INPUT DATA section start
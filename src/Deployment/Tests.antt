-- ===== src/Deployment/Tests.antt =====
-- The deployment modules on small inputs.
use hello_deploy.Prelude.{
  ℕ, ◌≤◌, ◌≡◌, ◌≢◌, ◌⊎◌, refl, arith, true, false, Option, none, some, [], ◌∷◌,
}
use hello_deploy.Contracts.Enums.{queued, validating, healthy}
use hello_deploy.Deployment.Status.{can_transition}
use hello_deploy.Deployment.Status.Paths.{Chain}
use hello_deploy.Deployment.Ports.{
  World, is_holder, is_used, scan, rival, claimed, exhausted, find_free_port, attempts,
  allocate_port,
}
use hello_deploy.Deployment.Ports.Claims.{ClaimedAt, allocate_port_sound, allocate_port_quiet}
use hello_deploy.Deployment.Ports.Race.{
  Pair, found, written, kept, Reach, here, next, high_scan, start, low_holds, lower_id_keeps,
  double_claim,
}

abbrev one : ℕ
one = 1

one_step : Chain queued 1 validating
unfolding can_transition
one_step = Chain.step validating refl Chain.here

abbrev no_port : Option ℕ
no_port = none

abbrev port_3001 : Option ℕ
port_3001 = some 3001

-- Another deployment holds the first port of the range, and every port can be bound.
abbrev busy_world : World
busy_world = record {
  others = λ n. record { id = 9; status = healthy; container_port = some 3000 } ∷ [];
  probe = λ n p. true;
}

allocated : allocate_port 3000 3001 5 busy_world none ≡ (claimed 3001, some 3001)
unfolding allocate_port attempts find_free_port scan is_used is_holder rival
allocated = refl

allocate_port_sound_example :
    (port_3001 ≡ some 3001) × ((n : ℕ) × ClaimedAt 3000 3001 5 busy_world n 3001)
allocate_port_sound_example =
    allocate_port_sound 3000 3001 5 busy_world none 3001 (some 3001) allocated

full : allocate_port 3000 3000 5 busy_world none ≡ (exhausted, none)
unfolding allocate_port attempts find_free_port scan is_used is_holder rival
full = refl

allocate_port_quiet_example :
    (p : ℕ) × (allocate_port 3000 3001 5 busy_world none ≡ (claimed p, some p))
    × (p ≤ 3001)
    × (is_used p (busy_world.others 0) ≡ false)
unfolding is_used is_holder
allocate_port_quiet_example =
    allocate_port_quiet 3000 3001 5 busy_world none 3001 refl (λ p. refl) (omega arith)
      (omega arith) refl

abbrev low_written : Pair
low_written = record start { low = written 3000; low_port = some 3000 }

high_moves : Reach 1 2 low_written (record low_written { high = found 3001 })
unfolding is_used is_holder
high_moves = next here (high_scan 3001 refl refl)

abbrev high_found : Pair
high_found = record low_written { high = found 3001 }

lower_id_keeps_example :
    ((low_holds 1 2 3000 high_found ≡ true)
      × ((written 3000 ≡ written 3000) ⊎ (written 3000 ≡ kept 3000))
      × (found 3001 ≢ kept 3000))
    ⊎ ((u : Pair) × Reach 1 2 low_written u
        × Reach 1 2 u high_found
        × (low_holds 1 2 3000 u ≡ false))
unfolding is_used is_holder
lower_id_keeps_example =
    lower_id_keeps 1 2 3000 low_written high_found (omega arith) refl refl (ground arith) high_moves

double_claim_example : Reach 1 2 start (record start {
  low = kept 3000;
  high = kept 3000;
  low_port = some 3000;
  high_port = some 3000;
})
double_claim_example = double_claim 1 2 3000 (omega arith)
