-- ===== src/Lanes.antt =====
-- src/worker_harness/lanes.py: one worker's bounded FIFO lane.
--
-- The asyncio futures of suspended `acquire` calls are entries of `calls`, each with the number of
-- its future and the future's state; `waiters` is the deque of future numbers. `running` counts the
-- calls that are inside the `yield` and own a slot. Every handler below is what one call runs
-- between two suspension points while it holds `state.lock`.
mod Calls
pub mod Invariant
pub mod Steps
pub mod Fairness
mod Examples
use worker_harness.Base.{
  ℕ, ◌+◌, ◌-◌, Bool, true, false, ◌&&◌, List, [], ◌∷◌, ◌++◌, length, ltb, leb, ◌==◌, nat_eq,
  if◌then◌else◌,
}

pub data Future : Type 0 where
  pending finished cancelled : Future

pub record Call : Type 0 where
  pub waiter : ℕ
  pub future : Future

pub record Lane : Type 0 where
  pub available : ℕ
  pub max_queue : ℕ
  pub waiters : List ℕ
  pub in_use : ℕ
  pub timeouts_total : ℕ
  pub acquires_total : ℕ
  pub calls : List Call
  pub running : ℕ
  pub next_waiter : ℕ

-- `WorkerLanes.__init__` and the state that `_state_for` makes.
pub new_lane : ℕ → ℕ → Lane
new_lane max_concurrent max_queue = record {
  available = max_concurrent;
  max_queue = max_queue;
  waiters = [];
  in_use = 0;
  timeouts_total = 0;
  acquires_total = 0;
  calls = [];
  running = 0;
  next_waiter = 0;
}

-- The state of a future: that of its call. A call that has ended left its future cancelled.
pub future_of : ℕ → List Call → Future
future_of w [] = cancelled
future_of w (c ∷ cs) = if c.waiter == w then c.future else future_of w cs

pub set_future : ℕ → Future → List Call → List Call
set_future w f [] = []
set_future w f (c ∷ cs) =
    if c.waiter == w then record c { future = f } ∷ cs else c ∷ set_future w f cs

pub forget : ℕ → List Call → List Call
forget w [] = []
forget w (c ∷ cs) = if c.waiter == w then cs else c ∷ forget w cs

abbrev pub is_pending : Future → Bool
is_pending pending = true
is_pending _ = false

-- The `while state.waiters` loop: what is left of the deque, and the waiter that got the slot.
pub record Handoff : Type 0 where
  pub rest : List ℕ
  pub calls : List Call
  pub handed : Bool

pub hand_off : List ℕ → List Call → Handoff
hand_off [] cs = record { rest = []; calls = cs; handed = false }
hand_off (w ∷ ws) cs =
    let other = hand_off ws cs in
    if is_pending (future_of w cs)
    then record { rest = ws; calls = set_future w finished cs; handed = true }
    else other

-- `_release_locked`
pub release_locked : Lane → Lane
release_locked s =
    let h = hand_off s.waiters s.calls in
    let t = record s { waiters = h.rest; calls = h.calls } in
    if h.handed then t else record t { in_use = s.in_use - 1; available = s.available + 1 }

pub remove_waiter : ℕ → List ℕ → List ℕ
remove_waiter w [] = []
remove_waiter w (v ∷ vs) = if v == w then vs else v ∷ remove_waiter w vs

pub contains : ℕ → List ℕ → Bool
contains w [] = false
contains w (v ∷ vs) = if v == w then true else contains w vs

abbrev pub is_finished : Future → Bool
is_finished finished = true
is_finished _ = false

-- `_abandon_waiter`. The call then ends by an exception, so its future is forgotten.
pub abandon_waiter : ℕ → Lane → Lane
abandon_waiter w s =
    let ended = λ (t : Lane). record t { calls = forget w t.calls } in
    if contains w s.waiters
    then ended
        (record s { waiters = remove_waiter w s.waiters; calls = set_future w cancelled s.calls })
    else if is_finished (future_of w s.calls)
    then ended (release_locked s)
    else ended s

pub data Entered : Type 0 where
  owns_slot : Entered
  queued : ℕ → Entered
  queue_full : Entered

abbrev is_empty {ℓ} : {A : Type ℓ} → List A → Bool
is_empty [] = true
is_empty (x ∷ xs) = false

-- `acquire`, from the lock to the first suspension.
pub enter : Lane → Lane × Entered
enter s =
    if ltb 0 s.available && is_empty s.waiters
    then (
      record s {
        available = s.available - 1;
        in_use = s.in_use + 1;
        acquires_total = s.acquires_total + 1;
        running = s.running + 1;
      },
      owns_slot,
    )
    else if leb s.max_queue (length s.waiters)
    then (record s { timeouts_total = s.timeouts_total + 1 }, queue_full)
    else (
      record s {
        waiters = s.waiters ++ s.next_waiter ∷ [];
        calls = s.calls ++ record { waiter = s.next_waiter; future = pending } ∷ [];
        next_waiter = s.next_waiter + 1;
      },
      queued s.next_waiter,
    )

-- `acquire`, after `wait_for` returned: the call enters the `yield`.
pub granted : ℕ → Lane → Lane
granted w s = record s {
  calls = forget w s.calls;
  running = s.running + 1;
  acquires_total = s.acquires_total + 1;
}

-- `except asyncio.TimeoutError`
pub timed_out : ℕ → Lane → Lane
timed_out w s = let t = abandon_waiter w s in record t { timeouts_total = t.timeouts_total + 1 }

-- The `finally` of a call that owns a slot.
pub leave : Lane → Lane
leave s = release_locked (record s { running = s.running - 1 })

-- `shutdown`: every queued waiter that is not done is cancelled.
pub cancel_all : List ℕ → List Call → List Call
cancel_all [] cs = cs
cancel_all (w ∷ ws) cs =
    cancel_all ws (if is_pending (future_of w cs) then set_future w cancelled cs else cs)

pub shutdown : Lane → Lane
shutdown s = record s { waiters = []; calls = cancel_all s.waiters s.calls }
INPUT DATA section end
INSTRUCTIONS TO FOLLOW → Using the records above, copy word for word the line with "then (record s", the line with "calls = s.calls", and every line between them.

SOLUTION TO THIS TASK →
    then (record s { timeouts_total = s.timeouts_total + 1 }, queue_full)
    else (
      record s {
        waiters = s.waiters ++ s.next_waiter ∷ [];
        calls = s.calls ++ record { waiter = s.next_waiter; future = pending } ∷ [];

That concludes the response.